Pavel E. Kuznetsov

Optical properties of aqueous morphine solutions

We have studied morphine action on mobility and structure of water by means of fluorescent investigations and light scattering analysis. Wave-like concentration dependences have been plotted in the both cases. Theoretical description of the discovered effect has been made based on the formalism of N.N.Bogolubov.

Computer design of tetrapeptide CCK-4 analogues

In this paper we propose a theoretical method of estimation of biological activity of tetrapeptide cholecystokinin (CCK- 4) analogues according to their structure. The method is based on the prospective mechanism of CCK-4 interaction with CCK-2 receptor. Electron and structural properties of CCK-4 are taken into account. The relationship structure-activity for CCK-4 analogues with the known pharmacological profile have been studied using the model of the ligand-receptor interaction.

Quantum-chemical and experimental modeling of hydrogen peroxide generation in heterogenous aqueous surroundings, which contain dibenzo-p-dioxines or their analogues

A hypothetical molecular mechanism of previously unknown way of toxic action of dibenzo-p-dioxin derivatives has been suggested and demonstrated on the basis of quantum-chemical investigations. The main stages of this process are as follows: protonization of oxygen atom of dioxin ring on the surface of biomembrane; interaction of dioxin with oxygen of oxidized cytochrome P-450; as a result, this xenobiotic becomes a catalyst in the generation of active forms of oxygen (H2O2, O2-, 3O2, etc.). The process may become cyclic if the initial state of dibenzo-p-dioxin is restored. In this case dibenzo-p-dioxines can be considered as carriers of electrons. The hypothesis we are coming up with has been tested by means of comparatively simple experimental models based on the well-known chemical model of cytochrome P-450. Generation of hydrogen peroxide in heterogeneous aqueous media containing dioxanes derivatives has been experimentally proven.

Optical methods in modeling nicotine effect on the surface water of cell membranes

Fluorescence and spectrophotometric methods have been used for investigation of nicotine action on the state and mobility of the surface water. The surfaces of membranes and proteins were simulated with the help of liposomes and ultradispersive diamonds consequently. Nicotine was shown to reduce the stability of liposomes and to change the aggregative ability of ultradispersive diamonds. The wave-like curves for the nicotine concentration dependences of the pointed features were observed. Such shape of responses was suggested to be due to the changing in structure and dynamics of water hydrogen bonds net near the surface of the model systems induced by nicotine molecules. The surface water phase was supposed to be one of signal elements ofthe ligand receptor recognition process.

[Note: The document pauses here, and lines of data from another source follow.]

-- ===== src/Tests/Repository.antt =====
-- The pages of the metrics, and the search for the place where they are written.
use headtotails.Prelude.{
  ◌≡◌, ℕ, zero, suc, ◌+◌, ◌*◌, refl, ◌↔◌, Bool, true, Option, none, some, [], ◌∷◌, inl, inr, Among,
}
use headtotails.Text.{Text, codes, ◌==◌}
use headtotails.Api.Metrics.{MetricDoc, custom_metric_docs, metric_doc_by_name}
use headtotails.Api.Metrics.Docs.{metric_doc_by_name_iff}
use headtotails.Time.{second}
use headtotails.Haic.Waiting.{Poll, wait_for_running, Healthy, wait_for_running-Healthy}
use headtotails.GenMetricsDocs.{find_repo_root}
use headtotails.GenMetricsDocs.Root.{Nearest, find_repo_root-Nearest}

abbrev errors : MetricDoc
errors = record {
  name = codes "headtotails_grpc_errors_total";
  metric_type = codes "counter";
  help = codes "Total number of gRPC errors returned by headscale.";
  labels = codes "grpc_code" ∷ [];
  notes =
      codes
        "increments when handler paths call writeGRPCError() after upstream headscale failures.";
}

errors-Among : Among errors custom_metric_docs
unfolding custom_metric_docs
errors-Among = inr (inr (inl refl))

metric_doc_by_name_iff_example :
    (metric_doc_by_name (codes "headtotails_grpc_errors_total") ≡ some errors)
    ↔ (Among errors custom_metric_docs × (errors.name ≡ codes "headtotails_grpc_errors_total"))
metric_doc_by_name_iff_example = metric_doc_by_name_iff errors.name errors

-- A working directory two levels below the root of the repository.
abbrev exists : Text → Bool
exists path = path == codes "/r/go.mod"

find_repo_root-Nearest_example :
    (o : Option Text) × (find_repo_root exists (some (codes "/r/internal/api")) ≡ some o)
    × Nearest exists (codes "/r/internal/api") o
find_repo_root-Nearest_example = find_repo_root-Nearest exists (codes "r/internal/api")

root_found : find_repo_root exists (some (codes "/r/internal/api")) ≡ some (some (codes "/r"))
unfolding find_repo_root ◌==◌
root_found = refl

-- The service answers from the third round on.
abbrev polls : ℕ → Poll
polls zero = record { status = none; took = 5 }
polls (suc zero) = record { status = some 503; took = 5 }
polls (suc (suc n)) = record { status = some 200; took = 5 }

wait_for_running-Healthy_example :
    (b : Bool) × (wait_for_running polls 7 ≡ some b)
    × ((b ≡ true) ↔ Healthy polls (7 + 60 * second) 7 0)
wait_for_running-Healthy_example = wait_for_running-Healthy polls 7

Computer simulation of structure and mobility of water hydrogen bonds net in aqueous solutions of some chemical compounds

Computer simulation of aqueous solutions of some biological active and inactive compounds has been carried out. Molecular dynamics method and TIP3P potential were used. The parameters of hydrogen bonds net were calculated by using the developed computer program. The simulation showed that relatively large clusters of water molecules appeared and the average number of hydrogen bonds decreased in the aqueous solutions of biological active compounds. It points to the fact that these compounds may induce the phase k-transition in the surrounding water. Molecular mechanisms ofthese effects are discussed.

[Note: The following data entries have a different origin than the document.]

-- ===== src/Tests/Routing.antt =====
-- The process on the small tailnet.
use headtotails.Prelude.{◌≡◌, refl, ap, ◌≢◌, inl, true, none, some, List, [], ◌∷◌, arith, Among}
use headtotails.Text.{Text, codes, ◌==◌}
use headtotails.Text.Split.{split_n}
use headtotails.Text.Fold.{equal_fold}
use headtotails.Text.Space.{trim_space}
use headtotails.Headscale.Client.{grpc_client}
use headtotails.Api.Devices.{list_devices}
use headtotails.Api.Http.{Response, write_error}
use headtotails.Api.Handler.{World, call}
use headtotails.Headscale.{list_nodes}
use headtotails.Api.Bearer.{request_token, bearer_auth_middleware, extract_bearer_token}
use headtotails.Api.Endpoints.{devices}
use headtotails.Api.Wif.Exchange.{invalid}
use headtotails.Api.Sessions.{new_server}
use headtotails.Api.Router.Routes.{Route, Target, simple, api_routes}
use headtotails.Api.Router.{
  Router, matched, no_route, unsupported, Found, Incoming, App, find_route, prometheus_middleware,
  slog_middleware,
}
use headtotails.Api.Router.Serve.{
  Setup, serve_target, dispatch, build, request, tick, Moment, run_app, new_app, routed,
}
use headtotails.Api.Router.Guard.{IsAuthorized}
use headtotails.Api.Router.Refinement.{events, session, run_app-refines}
use headtotails.Api.Router.Admission.{IsAdmitted, found_by, build-IsAdmitted}
use headtotails.Api.Router.Reach.{Takes}
use headtotails.Api.Router.Service.{seen, ServedBy, build-Served}
use headtotails.Api.Router.Refusals.{unregistered, dispatch-unsupported}
use headtotails.Api.Router.Ticks.{build-without_ticks}
use headtotails.Api.Sessions.Seen.{Seen}
use mathlib.Core.Quot
use headtotails.Api.Calls.{Added}
use headtotails.Api.Calls.Reads.{IsRead}
use headtotails.Api.Router.Reads.{build-IsRead}
use headtotails.Api.Calls.Failures.{FailedCall, recording, Reports}
use headtotails.Api.Router.Reports.{build-Reports}
use headtotails.Tests

abbrev key : Text
key = codes "abc"

abbrev router : Router
router = record {
  tailnet_name = codes "alice";
  headscale_api_key = key;
  client_id = codes "id";
  client_secret = codes "pw";
  hmac_secret = codes "hm";
  wif_validator = none;
  wif_client_id = [];
}

abbrev response : Response
response = write_error 404 []

-- Chi finds the list of devices.
abbrev pub find : Text → Text → Found
find method path = record {
  below_api = true;
  result = matched;
  pattern = codes "/tailnet/{tailnet}/devices";
  route_pattern = codes "/api/v2/tailnet/{tailnet}/devices";
  params = (codes "tailnet", codes "-") ∷ [];
}

abbrev pub setup : Setup Text Unit
setup = record {
  router = router;
  hs = Tests.client;
  validator = λ jwt v. (invalid [], v);
  crypto = record { encode = λ bytes. bytes; mac = λ k msg. [] };
  decode = Tests.decoder;
  lib = record {
    find = find;
    not_found = response;
    method_not_allowed = response;
    exposition = λ samples observations errors. response;
    bytes_written = λ x. 0;
    split_host = λ addr. none;
  };
}

abbrev pub incoming : Incoming
incoming = record {
  request = record Tests.request { method = codes "GET" };
  path = codes "/api/v2/tailnet/-/devices";
  remote_addr = codes "10.0.0.1:4000";
  user_agent = codes "curl";
  observed = 1500000;
  logged = 1200000;
}

abbrev arrivals : List Moment
arrivals =
    record { time = 1; arrival = request incoming none } ∷ record { time = 2; arrival = tick } ∷ []

abbrev app : App Text Unit
app = run_app setup arrivals (new_app Tests.world tt)

run_app-refines_example : app.server ≡ session setup (events setup arrivals) (new_server tt)
run_app-refines_example = run_app-refines setup arrivals Tests.world tt

-- After a tick, the devices are listed, so the world changes.
abbrev quiet : App Text Unit
quiet = run_app setup (record { time = 2; arrival = tick } ∷ []) (new_app Tests.world tt)

listed : (build setup 3 none incoming quiet).1.world.calls ≡ list_nodes [] ∷ []
unfolding build new_app run_app find_route api_routes serve_target ◌==◌ call prometheus_middleware
    slog_middleware bearer_auth_middleware split_n equal_fold trim_space list_devices grpc_client
listed = refl

none_called : quiet.world.calls ≡ []
unfolding new_app run_app
none_called = refl

changes : (build setup 3 none incoming quiet).1.world ≢ quiet.world
changes e = cc (listed, none_called, ap (λ (w : World Text). w.calls) e)

build-IsAdmitted_example :
    ((found_by setup incoming).below_api ≡ true)
    × IsAdmitted quiet.server key 3 (routed setup incoming (found_by setup incoming))
build-IsAdmitted_example =
    build-IsAdmitted setup (record { time = 2; arrival = tick } ∷ []) Tests.world tt 0 3 none
      incoming (ground arith) changes

build-IsRead_example : Added IsRead quiet.world (build setup 3 none incoming quiet).1.world
build-IsRead_example = build-IsRead setup 3 none incoming quiet refl

-- The device 0, which the service does not have, is asked for.
abbrev missing : Text → Text → Found
missing method path = record {
  below_api = true;
  result = matched;
  pattern = codes "/device/{deviceId}";
  route_pattern = codes "/api/v2/device/{deviceId}";
  params = (codes "deviceId", codes "0") ∷ [];
}

abbrev of_failures : Setup (Text × List FailedCall) Unit
of_failures = record {
  router = router;
  hs = recording Tests.client;
  validator = λ jwt v. (invalid [], v);
  crypto = setup.crypto;
  decode = Tests.decoder;
  lib = record setup.lib { find = missing };
}

abbrev idle : App (Text × List FailedCall) Unit
idle = new_app (record { upstream = ([], []); calls = []; grpc_errors = []; log = [] }) tt

build-Reports_example : Reports idle.world (build of_failures 3 none incoming idle).1.world
build-Reports_example = build-Reports Tests.client of_failures 3 none incoming idle

abbrev devices_route : Route Target
devices_route = record {
  method = some (codes "GET");
  pattern = codes "/tailnet/{tailnet}/devices";
  target = simple devices;
}

devices_route-Among : Among devices_route api_routes
unfolding api_routes
devices_route-Among = inl refl

devices_route-Takes : Takes devices_route (codes "GET")
devices_route-Takes m e = ground (arith, e)

-- The arrivals without the tick.
abbrev undisturbed : App Text Unit
undisturbed =
    run_app setup (record { time = 1; arrival = request incoming none } ∷ [])
      (new_app Tests.world tt)

build-Served_example :
    (IsAdmitted app.server key 3 (seen setup incoming)
      → ServedBy setup 3 none incoming app
          (serve_target setup 3 devices_route.target (seen setup incoming) app.world))
    × (¬ IsAdmitted app.server key 3 (seen setup incoming)
        → ((build setup 3 none incoming app).0.status ≡ 401)
          × ((build setup 3 none incoming app).1.world ≡ app.world))
build-Served_example =
    build-Served setup arrivals Tests.world tt 0 3 none incoming devices_route (ground arith)
      devices_route-Among (refl, refl, refl) devices_route-Takes

build-without_ticks_example :
    ((build setup 3 none incoming app).0 ≡ (build setup 3 none incoming undisturbed).0)
    × ((build setup 3 none incoming app).1.world
        ≡ (build setup 3 none incoming undisturbed).1.world)
    × Path (Seen 3) (Quot.mk app.server.tokens) (Quot.mk undisturbed.server.tokens)
build-without_ticks_example =
    build-without_ticks setup arrivals Tests.world tt 0 3 none incoming (ground arith)

abbrev nothing_found : Found
nothing_found = record (find [] []) { result = no_route }

key_presented : request_token incoming.request ≡ key
unfolding request_token extract_bearer_token ◌==◌ split_n equal_fold trim_space
key_presented = refl

authorized : IsAuthorized app.server.tokens key 3 incoming.request
authorized = ((λ e. cc (key_presented, e)), inl key_presented)

dispatch-unsupported_example :
    dispatch setup 3 none nothing_found incoming.request app ≡ (write_error 501 unsupported, app)
dispatch-unsupported_example =
    dispatch-unsupported setup 3 none nothing_found incoming.request app unsupported authorized
      (unregistered refl refl)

Optical methods for creating delivery systems of chemical compounds to plant roots

Spectrophotometric and fluorescence methods have been used for creation and investigation of various systems of target delivery of chemical compounds to roots of plants. The possibility of using liposomes, incrusted by polysaccharides of the external surface of nitrogen-fixing rizospheric bacteria Azospirillum brasilense SP 245, and nanoparticles incrusted by polysaccharides of wheat roots, as the named systems has been shown. The important role of polysaccharide-polysaccharide interaction in the adsorption processes of bacteria on wheat roots has been demonstrated.

Computer simulation and experimental study of the polysaccharide-polysaccharide interaction in the bacteria Azospirillum brasilense Sp245

We have studied the conformational properties and molecular dynamics of polysaccharides by using molecular modeling methods. Theoretical and experimental results of polysaccharide-polysaccharide interactions are described.